Collected data
BEGIN
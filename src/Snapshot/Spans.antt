-- ===== src/Snapshot/Spans.antt =====
-- src/pool/snapshot.rs: the spans that a walk records, and the matches that it may stop after. What a
-- snapshot only carries, the layout's provenance and the diagnostics, is left to two parameters.
pub mod Matches
use dbgscope.Base.{
  ℕ, ◌+◌, ◌≡◌, Bool, true, false, not, ◌&&◌, ◌==◌, leb, if◌then◌else◌, Option, none, some, List, [],
  ◌∷◌, ◌++◌,
}
use dbgscope.Base.Words.{saturating_add}
use dbgscope.Pool.{PoolKind, PoolSpan, PoolState, is_paged}
use dbgscope.Pool.Same.{bool_discriminant, is_allocated}

-- `matches` is not zero. `paged` asks for paged or nonpaged pool only.
pub record PoolMatchLimit : Type 0 where
  pub raw_tag : ℕ  -- u32
  pub paged : Option Bool
  pub matches : ℕ

-- `is_none_or(|paged| kind.is_paged() == paged)`.
abbrev pub kind_agrees : PoolKind → Option Bool → Bool
kind_agrees kind none = true
kind_agrees kind (some paged) = bool_discriminant (is_paged kind) == bool_discriminant paged

unfoldable pub accepts : PoolMatchLimit → PoolSpan → Bool
accepts self span =
    is_allocated span.state
    && (span.raw_tag == self.raw_tag && kind_agrees span.pool_kind self.paged)

pub record WalkStalls : Type 0 where
  pub pages : ℕ
  pub skipped_bytes : ℕ
  pub recovered_bytes : ℕ

pub record PoolSnapshot (Layout Diagnostics : Type 0) : Type 0 where
  pub layout : Layout
  pub spans : List PoolSpan
  pub diagnostics : Diagnostics
  pub complete : Bool
  pub budget_expired : Bool
  pub stopped_after_matches : Option ℕ
  pub match_limit : Option PoolMatchLimit
  pub matched_allocations : ℕ
  pub stalls : WalkStalls
  pub refused_chunks : ℕ
  pub unplaced_bytes : ℕ

-- `is_some_and(|limit| limit.accepts(&span))`.
abbrev pub is_match : Option PoolMatchLimit → PoolSpan → Bool
is_match none span = false
is_match (some limit) span = accepts limit span

module _ {Layout Diagnostics : Type 0} where
  abbrev pub stop_after :
      Option PoolMatchLimit → PoolSnapshot Layout Diagnostics → PoolSnapshot Layout Diagnostics
  stop_after none self = self
  stop_after (some limit) self =
      if leb limit.matches self.matched_allocations
      then record self { complete = false; stopped_after_matches = some limit.matches }
      else self

  unfoldable pub record_span :
      PoolSnapshot Layout Diagnostics → PoolSpan → PoolSnapshot Layout Diagnostics
  record_span self span =
      let pushed = record self { spans = self.spans ++ (span ∷ []) } in
      if not (is_match self.match_limit span)
      then pushed
      else stop_after self.match_limit
          (record pushed { matched_allocations = saturating_add self.matched_allocations 1 })

  unfoldable pub match_limit_reached : PoolSnapshot Layout Diagnostics → Bool
  match_limit_reached self = elim self.stopped_after_matches [ none ↦ false | some n ↦ true ]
END
Could you copy out every record above exactly as it appears?

filename src/Snapshot/Spans.antt
-- ===== src/Snapshot/Spans.antt =====
-- src/pool/snapshot.rs: the spans that a walk records, and the matches that it may stop after. What a
-- snapshot only carries, the layout's provenance and the diagnostics, is left to two parameters.
pub mod Matches
use dbgscope.Base.{
  ℕ, ◌+◌, ◌≡◌, Bool, true, false, not, ◌&&◌, ◌==◌, leb, if◌then◌else◌, Option, none, some, List, [],
  ◌∷◌, ◌++◌,
}
use dbgscope.Base.Words.{saturating_add}
use dbgscope.Pool.{PoolKind, PoolSpan, PoolState, is_paged}
use dbgscope.Pool.Same.{bool_discriminant, is_allocated}

-- `matches` is not zero. `paged` asks for paged or nonpaged pool only.
pub record PoolMatchLimit : Type 0 where
  pub raw_tag : ℕ  -- u32
  pub paged : Option Bool
  pub matches : ℕ

-- `is_none_or(|paged| kind.is_paged() == paged)`.
abbrev pub kind_agrees : PoolKind → Option Bool → Bool
kind_agrees kind none = true
kind_agrees kind (some paged) = bool_discriminant (is_paged kind) == bool_discriminant paged

unfoldable pub accepts : PoolMatchLimit → PoolSpan → Bool
accepts self span =
    is_allocated span.state
    && (span.raw_tag == self.raw_tag && kind_agrees span.pool_kind self.paged)

pub record WalkStalls : Type 0 where
  pub pages : ℕ
  pub skipped_bytes : ℕ
  pub recovered_bytes : ℕ

pub record PoolSnapshot (Layout Diagnostics : Type 0) : Type 0 where
  pub layout : Layout
  pub spans : List PoolSpan
  pub diagnostics : Diagnostics
  pub complete : Bool
  pub budget_expired : Bool
  pub stopped_after_matches : Option ℕ
  pub match_limit : Option PoolMatchLimit
  pub matched_allocations : ℕ
  pub stalls : WalkStalls
  pub refused_chunks : ℕ
  pub unplaced_bytes : ℕ

-- `is_some_and(|limit| limit.accepts(&span))`.
abbrev pub is_match : Option PoolMatchLimit → PoolSpan → Bool
is_match none span = false
is_match (some limit) span = accepts limit span

module _ {Layout Diagnostics : Type 0} where
  abbrev pub stop_after :
      Option PoolMatchLimit → PoolSnapshot Layout Diagnostics → PoolSnapshot Layout Diagnostics
  stop_after none self = self
  stop_after (some limit) self =
      if leb limit.matches self.matched_allocations
      then record self { complete = false; stopped_after_matches = some limit.matches }
      else self

  unfoldable pub record_span :
      PoolSnapshot Layout Diagnostics → PoolSpan → PoolSnapshot Layout Diagnostics
  record_span self span =
      let pushed = record self { spans = self.spans ++ (span ∷ []) } in
      if not (is_match self.match_limit span)
      then pushed
      else stop_after self.match_limit
          (record pushed { matched_allocations = saturating_add self.matched_allocations 1 })

  unfoldable pub match_limit_reached : PoolSnapshot Layout Diagnostics → Bool
  match_limit_reached self = elim self.stopped_after_matches [ none ↦ false | some n ↦ true ]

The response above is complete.